In [1]:
# Function: It can be used for differen purposes and one common usage is when calculating the 
# accuracy of training/dev/test sets.
# If accuracy is calculated, the tyical usage is as following: tf.nn.in_top_k(logits, Y, 1)
# where logits is simply the ZL (the linear output of the output layer of neural network)

In [2]:
import tensorflow as tf

In [3]:
# NOTE that when calculating accuracy, the third argument is always 1 as we want to check if the prediction 
# is correct or not

In [4]:
# THIS EXAMPLE ILLUSTRATES THE USE OF tf.nn.in_top_k on 1 single training sample

# See that there are 6 classes and assume that the NN model is trying to estimate the right class...

# The assumption in this example is that there is only 1 training example.
# Assume that softmax regression is used in output layer.
# logit (ZL) if as the following:
logit = tf.constant([[1.0, 0.7, 2.0, 2.5, 2.7, -6.3]])
# Based on this given logit, "2.7" is the max value, with the index number=4.
# The second biggest value is 2.5, with the index = 3
# The third biggest value is 2.0, with the index = 2
# So, if we sort the index values of these samples (from largest to smallest), we find: [4, 3, 2, 0, 1, 5]

# label represents the correct value, that the model needs to predict correctly.
label = tf.constant([[  0,   0,   1,   0,   0,   0]])
# Now run tf.argmax to figure out the max index of the label array. The following will return [2] because
# the largest value of the array is at the index = 2 in the array of label
label_argmax = tf.argmax(label, 1)

# Time to run the tf.nn.in_top_k function.
# We know that label_argmax=[2].
# Since the third parameter = 1, 
# then we ask if the value at the index logit[0, 2] is the biggest value of all samples in logit[0]?
# The answer is NO. logit[0, 2] = 2.0 is the third biggest value of the logit
a = tf.nn.in_top_k(logit, label_argmax, 1)  # [False]

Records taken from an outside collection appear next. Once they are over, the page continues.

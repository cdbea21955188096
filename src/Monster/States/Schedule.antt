-- ===== src/Monster/States/Schedule.antt =====
-- A monster stays alive in the timer queue: each of its updates sets its next timer.
use lh_server.Prelude.{
  ℕ, ◌+◌, ◌≡◌, ◌≢◌, ◌≤◌, refl, Bool, true, false, Option, none, some, ℤ, pos, negsuc, not,
  if◌then◌else◌, Option-cases, inl, inr, arith, leb_ℤ, ◌==◌,
}
use lh_server.Monster.Keeps.{
  Keeps, Keeps-set, if-Keeps, change_state-Keeps, update_target-Keeps, chase-Keeps,
  monster_attack-Keeps, start,
}
use lh_server.World.{
  World, Env, Player, Monster, MonState, Event, m_idle, m_chase, m_attack, m_rhome, m_dead,
  ev_monster, with_monster-some,
}
use lh_server.World.Timers.{push, add_timer}
use lh_server.World.Seats.{Seats}
use lh_server.Monster.{change_state, chase, monster_attack, player_at}
use lh_server.Monster.States.{
  again, idle_decide, idle_execute, chase_on, chase_execute, attack_on, attack_execute,
  home_execute, update,
}

-- The timer of the monster `n`, in `delay` milliseconds.
abbrev pub timer : Env → ℕ → ℕ → Event
timer env n delay = record {
  obj_id = n;
  event_id = ev_monster;
  wakeup_time = env.now + delay;
  target_id = pos 0;
}

-- The one timer that has been set is that of the monster `n`, which is still at `oid`; no other monster
-- has changed, nor the golem; and the players keep their ids.
abbrev pub Schedules : Env → ℕ → ℕ → World → World → Type 0
Schedules env oid n w v =
    (delay : ℕ) × (delay ≤ 3000)
    × (v.timers ≡ push (timer env n delay) w.timers)
    × ((m : Monster) × (v.monsters oid ≡ some m) × (m.id ≡ n))
    × ((i : ℕ) → (i == oid) ≡ false → v.monsters i ≡ w.monsters i)
    × (v.bosses ≡ w.bosses)
    × Seats w v

again-Schedules :
    (env : Env) (oid n delay : ℕ) (w v : World)
    → delay ≤ 3000
    → Keeps oid n w v
    → Schedules env oid n w (again env oid delay v)
unfolding again add_timer
again-Schedules env oid n delay w v h k =
    rw (with_monster-some oid v _ k.there.1)
      (delay, h, rw (k.timers, k.there.2) refl, k.there, k.others, k.bosses, k.seats)

if-Schedules :
    (env : Env) (oid n : ℕ) (b : Bool) (w u v : World)
    → Schedules env oid n w u
    → Schedules env oid n w v
    → Schedules env oid n w (if b then u else v)
if-Schedules env oid n true w u v h k = h
if-Schedules env oid n false w u v h k = k

elim-Schedules :
    (env : Env) (oid n : ℕ) (o : Option Player) (w u : World) (f : Player → World)
    → Schedules env oid n w u
    → ((p : Player) → Schedules env oid n w (f p))
    → Schedules env oid n w (elim o [ none ↦ u | some p ↦ f p ])
elim-Schedules env oid n none w u f h k = h
elim-Schedules env oid n (some p) w u f h k = k p

idle_decide-Schedules :
    (env : Env) (oid n t : ℕ) (p : Player) (w v : World)
    → Keeps oid n w v
    → Schedules env oid n w (idle_decide env oid t p v)
unfolding idle_decide
idle_decide-Schedules env oid n t p w v k =
    let aimed = Keeps-set oid n w v (record k.there.0 { target = pos t }) k.there.2 k in
    rw (with_monster-some oid v _ k.there.1) (
      again-Schedules env oid n 1000 w _ (omega arith) (
        if-Keeps oid n _ w _ _
          (if-Keeps oid n _ w _ _ aimed (change_state-Keeps oid n m_attack w _ aimed))
          (if-Keeps oid n _ w _ _ (change_state-Keeps oid n m_rhome w _ aimed)
            (if-Keeps oid n _ w _ _ (change_state-Keeps oid n m_chase w _ aimed) aimed))))

idle_execute-Schedules :
    (env : Env) (oid : ℕ) (w : World) (m : Monster)
    → w.monsters oid ≡ some m
    → Schedules env oid m.id w (idle_execute env oid w)
unfolding idle_execute
idle_execute-Schedules env oid w m e =
    let k = start oid w m e in
    let dead =
      if-Keeps oid m.id (leb_ℤ m.health_point (pos 0)) w _ _
        (change_state-Keeps oid m.id m_dead w w k) k in
    let rest = again-Schedules env oid m.id 1000 w _ (omega arith) dead in
    rw (with_monster-some oid w _ e) (
      elim-Schedules env oid m.id _ w _ _ rest λ p.
        if-Schedules env oid m.id p.is_alive w _ _ (idle_decide-Schedules env oid m.id _ p w _ dead)
          rest)

chase_on-Schedules :
    (env : Env) (oid n : ℕ) (w v : World)
    → Keeps oid n w v
    → Schedules env oid n w (chase_on env oid v)
unfolding chase_on
chase_on-Schedules env oid n w v k =
    rw (with_monster-some oid v _ k.there.1) (elim (Option-cases (player_at k.there.0.target v)) [
      | inl e ↦ rw e (again-Schedules env oid n 1000 w v (omega arith) k)
      | inr (p, e) ↦
          let gone = chase-Keeps env oid n p w v k in
          rw (e, with_monster-some oid (chase env oid p v) _ gone.there.1)
            (if-Schedules env oid n _ w _ _
              (again-Schedules env oid n 1000 w _ (omega arith)
                (change_state-Keeps oid n m_attack w _ gone))
              (again-Schedules env oid n 100 w _ (omega arith) gone))
    ])

dies-Schedules :
    (env : Env) (oid n : ℕ) (s : MonState) (w v : World)
    → Keeps oid n w v
    → Schedules env oid n w (again env oid 1000 (change_state oid s v))
dies-Schedules env oid n s w v k =
    again-Schedules env oid n 1000 w _ (omega arith) (change_state-Keeps oid n s w v k)

chase_execute-Schedules :
    (env : Env) (oid : ℕ) (w : World) (m : Monster)
    → w.monsters oid ≡ some m
    → Schedules env oid m.id w (chase_execute env oid w)
unfolding chase_execute
chase_execute-Schedules env oid w m e =
    let k = start oid w m e in
    rw (with_monster-some oid w _ e) (
      if-Schedules env oid m.id _ w _ _ (dies-Schedules env oid m.id m_dead w w k)
        (chase_on-Schedules env oid m.id w _ (update_target-Keeps env oid m.id w w k)))

attack_on-Schedules :
    (env : Env) (oid n t : ℕ) (p : Player) (w v : World)
    → Keeps oid n w v
    → Schedules env oid n w (attack_on env oid t p v)
unfolding attack_on
attack_on-Schedules env oid n t p w v k = rw (with_monster-some oid v _ k.there.1) (
    if-Schedules env oid n _ w _ _ (dies-Schedules env oid n m_chase w v k)
      (again-Schedules env oid n 3000 w v (omega arith) k))

attack_execute-Schedules :
    (env : Env) (oid : ℕ) (w : World) (m : Monster)
    → w.monsters oid ≡ some m
    → Schedules env oid m.id w (attack_execute env oid w)
unfolding attack_execute
attack_execute-Schedules env oid w m e =
    let k = start oid w m e in
    rw (with_monster-some oid w _ e) (
      if-Schedules env oid m.id _ w _ _ (dies-Schedules env oid m.id m_dead w w k)
        (aimed_at m.target k))
  where
    aimed_at :
        (target : ℤ)
        → Keeps oid m.id w w
        → Schedules env oid m.id w (elim target [
          | negsuc t ↦ again env oid 1000 (change_state oid m_idle w)
          | pos t ↦ elim (w.players t) [
            | none ↦ again env oid 1000 (change_state oid m_idle w)
            | some p ↦
                if not p.is_alive
                then again env oid 1000 (change_state oid m_idle w)
                else attack_on env oid t p (monster_attack env oid t w)
          ]
        ])
    aimed_at (negsuc t) k = dies-Schedules env oid m.id m_idle w w k
    aimed_at (pos t) k =
        let rests = dies-Schedules env oid m.id m_idle w w k in
        elim-Schedules env oid m.id _ w _ _ rests λ p.
          if-Schedules env oid m.id (not p.is_alive) w _ _ rests
            (attack_on-Schedules env oid m.id t p w _ (monster_attack-Keeps env oid t m.id w w k))

home_execute-Schedules :
    (env : Env) (oid : ℕ) (w : World) (m : Monster)
    → w.monsters oid ≡ some m
    → Schedules env oid m.id w (home_execute env oid w)
unfolding home_execute
home_execute-Schedules env oid w m e =
    let k = start oid w m e in
    let maybe = λ (s : MonState) (b : Bool) (v : World) (h : Keeps oid m.id w v).
      if-Keeps oid m.id b w (change_state oid s v) v (change_state-Keeps oid m.id s w v h) h in
    rw (with_monster-some oid w _ e) (
      again-Schedules env oid m.id 1000 w _ (omega arith)
        (maybe m_chase _ _ (maybe m_idle _ _ (maybe m_dead _ w k))))

pub update-Schedules :
    (env : Env) (oid : ℕ) (w : World) (m : Monster)
    → w.monsters oid ≡ some m
    → m.state ≢ m_dead
    → (delay : ℕ) × (delay ≤ 3000)
      × ((update env oid w).timers ≡ push (timer env m.id delay) w.timers)
      × ((n : Monster) × ((update env oid w).monsters oid ≡ some n) × (n.id ≡ m.id))
      × ((i : ℕ) → (i == oid) ≡ false → (update env oid w).monsters i ≡ w.monsters i)
      × ((update env oid w).bosses ≡ w.bosses)
      × Seats w (update env oid w)
unfolding update
update-Schedules env oid w m e alive = rw (with_monster-some oid w _ e) (by_state m.state alive)
  where
    by_state :
        (s : MonState)
        → s ≢ m_dead
        → Schedules env oid m.id w (elim s [
          | m_idle ↦ idle_execute env oid w
          | m_chase ↦ chase_execute env oid w
          | m_attack ↦ attack_execute env oid w
          | m_rhome ↦ home_execute env oid w
          | m_dead ↦ w
        ])
    by_state m_idle h = idle_execute-Schedules env oid w m e
    by_state m_chase h = chase_execute-Schedules env oid w m e
    by_state m_attack h = attack_execute-Schedules env oid w m e
    by_state m_rhome h = home_execute-Schedules env oid w m e
    by_state m_dead h = absurd (h refl)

# Ok.. Since the third argument is 2 now.. Then we ask, if the logit[0,2] is one of the biggest 2 samples in the 
# logit[0]. The answer is still NO and it returns FALSE
b = tf.nn.in_top_k(logit, label_argmax, 2)  # [False]

# If logit[0, 2] = 2.0 one of the 3 biggest samples in logit[0]? 
# The answer is TRUE bcz logit[0, 2] is the third biggest
c = tf.nn.in_top_k(logit, label_argmax, 3)  # [True]

with tf.Session() as sess:
    print(sess.run(label_argmax))
    print(sess.run(a))
    print(sess.run(b))
    print(sess.run(c))

[2]
[False]
[False]
[ True]


In [5]:
# THIS EXAMPLE ILLUSTRATES THE USE OF tf.nn.in_top_k on 3 single training samples

# Based on following logits, our predictions is [2, 0, 1], where each number
# represents the index of max value in each given (training) example
logits = tf.constant([[1.0, 0.7, 2.0], [9.0, 8.0, 7.0], [4.0, 6.0, 5.0]])


# label represents the correct values that the model needs to predict correctly.
labels = tf.constant([[0, 0, 1], [0, 0, 1], [0, 1, 0]])
# Now run tf.argmax to figure out the max index of the label array. The following will return [2, 2, 1]
labels_argmax = tf.argmax(labels, 1)

# Which elements of [2, 0, 1] are equal to the corresponding elements of [2, 2, 1]
are_predictions_correct = tf.nn.in_top_k(logits, labels_argmax, 1)  # [True, False, True]
accuracy = tf.reduce_mean(tf.cast(are_predictions_correct, tf.float32))

with tf.Session() as sess:
    print(sess.run(labels_argmax))
    print(sess.run(are_predictions_correct))
    print(sess.run(accuracy))


[2 2 1]
[ True False  True]
0.6666667